■ **Task item**: Write the data out again in full, with no departure from the original.

■ **Input records**:
-- ===== src/Store/Variants/Lookup.antt =====
-- Rows found by their identifier after a row was rewritten.
use model_registry_service.Base.{◌≡◌, ◌≢◌, refl, sym, ◌∙◌, ap, some, List, [], ◌∷◌, arith}
use model_registry_service.Domain.Traffic.{Uuid, Time, TrafficVariant}
use model_registry_service.Store.World.{Oracle, World, M}
use model_registry_service.Store.Hoare.{Hoare}
use model_registry_service.Store.Variants.{row_by_id, overwrite, update_rows}
use model_registry_service.Store.Variants.Writes.{VariantsAre, Updated}

pub row_by_id-update_rows_self :
    (now : Time) (v row : TrafficVariant) (rows : List TrafficVariant)
    → row_by_id v.id rows ≡ some row
    → row_by_id v.id (update_rows now v rows) ≡ some (overwrite now v row)
unfolding row_by_id update_rows
row_by_id-update_rows_self now v row [] h = cc
row_by_id-update_rows_self now v row (r ∷ rows) h =
    ground (arith, row_by_id-update_rows_self now v row rows)

pub row_by_id-update_rows_ne :
    (id : Uuid) (now : Time) (v : TrafficVariant) (rows : List TrafficVariant)
    → id ≢ v.id
    → row_by_id id (update_rows now v rows) ≡ row_by_id id rows
unfolding row_by_id update_rows
row_by_id-update_rows_ne id now v [] h = refl
row_by_id-update_rows_ne id now v (r ∷ rows) h =
    ground (arith, row_by_id-update_rows_ne id now v rows h)

-- To go on after an UPDATE from the table that it left.
pub Hoare-Updated :
    {B : Type 0} {E : Oracle} {m : M B} {R : B → World → Type 0} {F : World → Type 0}
    (v : TrafficVariant) (rows : List TrafficVariant)
    → ((now : Time) (row : TrafficVariant)
        → row_by_id v.id rows ≡ some row
        → Hoare (VariantsAre (update_rows now v rows)) m R F)
    → Hoare (Updated E v rows) m R F
Hoare-Updated v rows h = record { at = λ w d. (h d.now d.row d.found).at w d.table }

-- To go on from whatever table the precondition is about.
pub Hoare-from :
    {B : Type 0} (P : List TrafficVariant → Type 0) {m : M B} {R : B → World → Type 0}
    {F : World → Type 0}
    → ((rows : List TrafficVariant) → P rows → Hoare (VariantsAre rows) m R F)
    → Hoare (λ w. P w.variants) m R F
Hoare-from P h = record { at = λ w q. (h w.variants q).at w refl }

-- Two rows rewritten one after the other, and what became of every row.
pub two_updates :
    (t1 t2 : Time) (a b ra rb : TrafficVariant) (rows : List TrafficVariant)
    → a.id ≢ b.id
    → row_by_id a.id rows ≡ some ra
    → row_by_id b.id rows ≡ some rb
    → let rows' = update_rows t2 b (update_rows t1 a rows) in
      (row_by_id a.id rows' ≡ some (overwrite t1 a ra))
      × (row_by_id b.id rows' ≡ some (overwrite t2 b rb))
      × ((other : Uuid)
          → other ≢ a.id
          → other ≢ b.id
          → row_by_id other rows' ≡ row_by_id other rows)
two_updates t1 t2 a b ra rb rows ne ha hb = (
  row_by_id-update_rows_ne a.id t2 b (update_rows t1 a rows) ne
      ∙ row_by_id-update_rows_self t1 a ra rows ha,
  row_by_id-update_rows_self t2 b rb (update_rows t1 a rows)
      (row_by_id-update_rows_ne b.id t1 a rows (λ e. ne (sym e)) ∙ hb),
  λ other na nb.
      row_by_id-update_rows_ne other t2 b (update_rows t1 a rows) nb
      ∙ row_by_id-update_rows_ne other t1 a rows na,
)

pub row_at : (rows : List TrafficVariant) {a b : Uuid} → a ≡ b → row_by_id a rows ≡ row_by_id b rows
row_at rows e = ap (λ (i : Uuid). row_by_id i rows) e
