-- ===== src/Traffic/Route/Config.antt =====
-- What GetConfig returns: the configuration asked for, with its rows of the table.
use model_registry_service.Base.{◌≡◌, ◌∙◌, ap, some, List, [], ◌∷◌, arith}
use model_registry_service.Domain.Traffic.{Uuid, TrafficVariant, TrafficConfig}
use model_registry_service.Store.World.{Oracle, World, ◌>>=◌}
use model_registry_service.Store.Silent.{Silent-reach_database}
use model_registry_service.Store.Hoare.{
  Hoare, Hoare-bind, Hoare-silent, Hoare-wrapping, Hoare-pure, Hoare-fact, Hoare-or_raise_last,
}
use model_registry_service.Store.Configs.{config_row, config_get_by_id}
use model_registry_service.Store.Variants.{rows_of, variant_list_by_config}
use model_registry_service.Store.Variants.Writes.{VariantsAre, VariantsAre-stable}
use model_registry_service.Traffic.Route.{get_config}

config_row-id :
    (p id : Uuid) (cs : List TrafficConfig) (c : TrafficConfig)
    → config_row p id cs ≡ some c
    → c.id ≡ id
unfolding config_row
config_row-id p id [] c' h = cc
config_row-id p id (c ∷ cs) c' h = ground (arith, config_row-id p id cs c')

module _ (E : Oracle) (rows : List TrafficVariant) where
  abbrev Same : World → Type 0
  Same = VariantsAre rows

  -- The configuration is the one asked for, and holds its variants.
  abbrev pub IsLoaded : Uuid → TrafficConfig → Type 0
  IsLoaded id c = (c.id ≡ id) × (c.variants ≡ rows_of id rows)

  get_row_lem :
      (p id : Uuid) → Hoare Same (config_get_by_id E p id) (λ c w. Same w × (c.id ≡ id)) Same
  unfolding config_get_by_id ◌>>=◌
  get_row_lem p id =
      Hoare-bind
        (Hoare-wrapping _
          (Hoare-silent (VariantsAre-stable rows) (λ w h. h) (Silent-reach_database E)))
        λ _. record {
          at = λ w h.
              (Hoare-or_raise_last (λ c. c.id ≡ id) (λ w h. h) _ (config_row p id w.configs)
                  (config_row-id p id w.configs)).at
                w h;
        }

  list_lem :
      (id : Uuid)
      → Hoare Same (variant_list_by_config E id) (λ vs w. Same w × (vs ≡ rows_of id rows)) Same
  unfolding variant_list_by_config
  list_lem id =
      Hoare-bind
        (Hoare-wrapping _
          (Hoare-silent (VariantsAre-stable rows) (λ w h. h) (Silent-reach_database E)))
        λ _. record { at = λ w h. (h, ap (rows_of id) h) }

  pub get_config_lem :
      (p id : Uuid) → Hoare Same (get_config E p id) (λ c w. Same w × IsLoaded id c) Same
  unfolding get_config
  get_config_lem p id = Hoare-bind (get_row_lem p id) λ c. Hoare-fact λ e.
      Hoare-bind (list_lem c.id)
        λ vs. Hoare-fact λ l. Hoare-pure _ λ w h. (h, (e, l ∙ ap (λ (i : Uuid). rows_of i rows) e))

■ **Result of this exercise**:
-- ===== src/Store/Variants/Lookup.antt =====
-- Rows found by their identifier after a row was rewritten.
use model_registry_service.Base.{◌≡◌, ◌≢◌, refl, sym, ◌∙◌, ap, some, List, [], ◌∷◌, arith}
use model_registry_service.Domain.Traffic.{Uuid, Time, TrafficVariant}
use model_registry_service.Store.World.{Oracle, World, M}
use model_registry_service.Store.Hoare.{Hoare}
use model_registry_service.Store.Variants.{row_by_id, overwrite, update_rows}
use model_registry_service.Store.Variants.Writes.{VariantsAre, Updated}

pub row_by_id-update_rows_self :
    (now : Time) (v row : TrafficVariant) (rows : List TrafficVariant)
    → row_by_id v.id rows ≡ some row
    → row_by_id v.id (update_rows now v rows) ≡ some (overwrite now v row)
unfolding row_by_id update_rows
row_by_id-update_rows_self now v row [] h = cc
row_by_id-update_rows_self now v row (r ∷ rows) h =
    ground (arith, row_by_id-update_rows_self now v row rows)

pub row_by_id-update_rows_ne :
    (id : Uuid) (now : Time) (v : TrafficVariant) (rows : List TrafficVariant)
    → id ≢ v.id
    → row_by_id id (update_rows now v rows) ≡ row_by_id id rows
unfolding row_by_id update_rows
row_by_id-update_rows_ne id now v [] h = refl
row_by_id-update_rows_ne id now v (r ∷ rows) h =
    ground (arith, row_by_id-update_rows_ne id now v rows h)

-- To go on after an UPDATE from the table that it left.
pub Hoare-Updated :
    {B : Type 0} {E : Oracle} {m : M B} {R : B → World → Type 0} {F : World → Type 0}
    (v : TrafficVariant) (rows : List TrafficVariant)
    → ((now : Time) (row : TrafficVariant)
        → row_by_id v.id rows ≡ some row
        → Hoare (VariantsAre (update_rows now v rows)) m R F)
    → Hoare (Updated E v rows) m R F
Hoare-Updated v rows h = record { at = λ w d. (h d.now d.row d.found).at w d.table }

-- To go on from whatever table the precondition is about.
pub Hoare-from :
    {B : Type 0} (P : List TrafficVariant → Type 0) {m : M B} {R : B → World → Type 0}
    {F : World → Type 0}
    → ((rows : List TrafficVariant) → P rows → Hoare (VariantsAre rows) m R F)
    → Hoare (λ w. P w.variants) m R F
Hoare-from P h = record { at = λ w q. (h w.variants q).at w refl }

-- Two rows rewritten one after the other, and what became of every row.
pub two_updates :
    (t1 t2 : Time) (a b ra rb : TrafficVariant) (rows : List TrafficVariant)
    → a.id ≢ b.id
    → row_by_id a.id rows ≡ some ra
    → row_by_id b.id rows ≡ some rb
    → let rows' = update_rows t2 b (update_rows t1 a rows) in
      (row_by_id a.id rows' ≡ some (overwrite t1 a ra))
      × (row_by_id b.id rows' ≡ some (overwrite t2 b rb))
      × ((other : Uuid)
          → other ≢ a.id
          → other ≢ b.id
          → row_by_id other rows' ≡ row_by_id other rows)
two_updates t1 t2 a b ra rb rows ne ha hb = (
  row_by_id-update_rows_ne a.id t2 b (update_rows t1 a rows) ne
      ∙ row_by_id-update_rows_self t1 a ra rows ha,
  row_by_id-update_rows_self t2 b rb (update_rows t1 a rows)
      (row_by_id-update_rows_ne b.id t1 a rows (λ e. ne (sym e)) ∙ hb),
  λ other na nb.
      row_by_id-update_rows_ne other t2 b (update_rows t1 a rows) nb
      ∙ row_by_id-update_rows_ne other t1 a rows na,
)

pub row_at : (rows : List TrafficVariant) {a b : Uuid} → a ≡ b → row_by_id a rows ≡ row_by_id b rows
row_at rows e = ap (λ (i : Uuid). row_by_id i rows) e
-- ===== src/Traffic/Route/Config.antt =====
-- What GetConfig returns: the configuration asked for, with its rows of the table.
use model_registry_service.Base.{◌≡◌, ◌∙◌, ap, some, List, [], ◌∷◌, arith}
use model_registry_service.Domain.Traffic.{Uuid, TrafficVariant, TrafficConfig}
use model_registry_service.Store.World.{Oracle, World, ◌>>=◌}
use model_registry_service.Store.Silent.{Silent-reach_database}
use model_registry_service.Store.Hoare.{
  Hoare, Hoare-bind, Hoare-silent, Hoare-wrapping, Hoare-pure, Hoare-fact, Hoare-or_raise_last,
}
use model_registry_service.Store.Configs.{config_row, config_get_by_id}
use model_registry_service.Store.Variants.{rows_of, variant_list_by_config}
use model_registry_service.Store.Variants.Writes.{VariantsAre, VariantsAre-stable}
use model_registry_service.Traffic.Route.{get_config}

config_row-id :
    (p id : Uuid) (cs : List TrafficConfig) (c : TrafficConfig)
    → config_row p id cs ≡ some c
    → c.id ≡ id
unfolding config_row
config_row-id p id [] c' h = cc
config_row-id p id (c ∷ cs) c' h = ground (arith, config_row-id p id cs c')

module _ (E : Oracle) (rows : List TrafficVariant) where
  abbrev Same : World → Type 0
  Same = VariantsAre rows

  -- The configuration is the one asked for, and holds its variants.
  abbrev pub IsLoaded : Uuid → TrafficConfig → Type 0
  IsLoaded id c = (c.id ≡ id) × (c.variants ≡ rows_of id rows)

  get_row_lem :
      (p id : Uuid) → Hoare Same (config_get_by_id E p id) (λ c w. Same w × (c.id ≡ id)) Same
  unfolding config_get_by_id ◌>>=◌
  get_row_lem p id =
      Hoare-bind
        (Hoare-wrapping _
          (Hoare-silent (VariantsAre-stable rows) (λ w h. h) (Silent-reach_database E)))
        λ _. record {
          at = λ w h.
              (Hoare-or_raise_last (λ c. c.id ≡ id) (λ w h. h) _ (config_row p id w.configs)
                  (config_row-id p id w.configs)).at
                w h;
        }

  list_lem :
      (id : Uuid)
      → Hoare Same (variant_list_by_config E id) (λ vs w. Same w × (vs ≡ rows_of id rows)) Same
  unfolding variant_list_by_config
  list_lem id =
      Hoare-bind
        (Hoare-wrapping _
          (Hoare-silent (VariantsAre-stable rows) (λ w h. h) (Silent-reach_database E)))
        λ _. record { at = λ w h. (h, ap (rows_of id) h) }

  pub get_config_lem :
      (p id : Uuid) → Hoare Same (get_config E p id) (λ c w. Same w × IsLoaded id c) Same
  unfolding get_config
  get_config_lem p id = Hoare-bind (get_row_lem p id) λ c. Hoare-fact λ e.
      Hoare-bind (list_lem c.id)
        λ vs. Hoare-fact λ l. Hoare-pure _ λ w h. (h, (e, l ∙ ap (λ (i : Uuid). rows_of i rows) e))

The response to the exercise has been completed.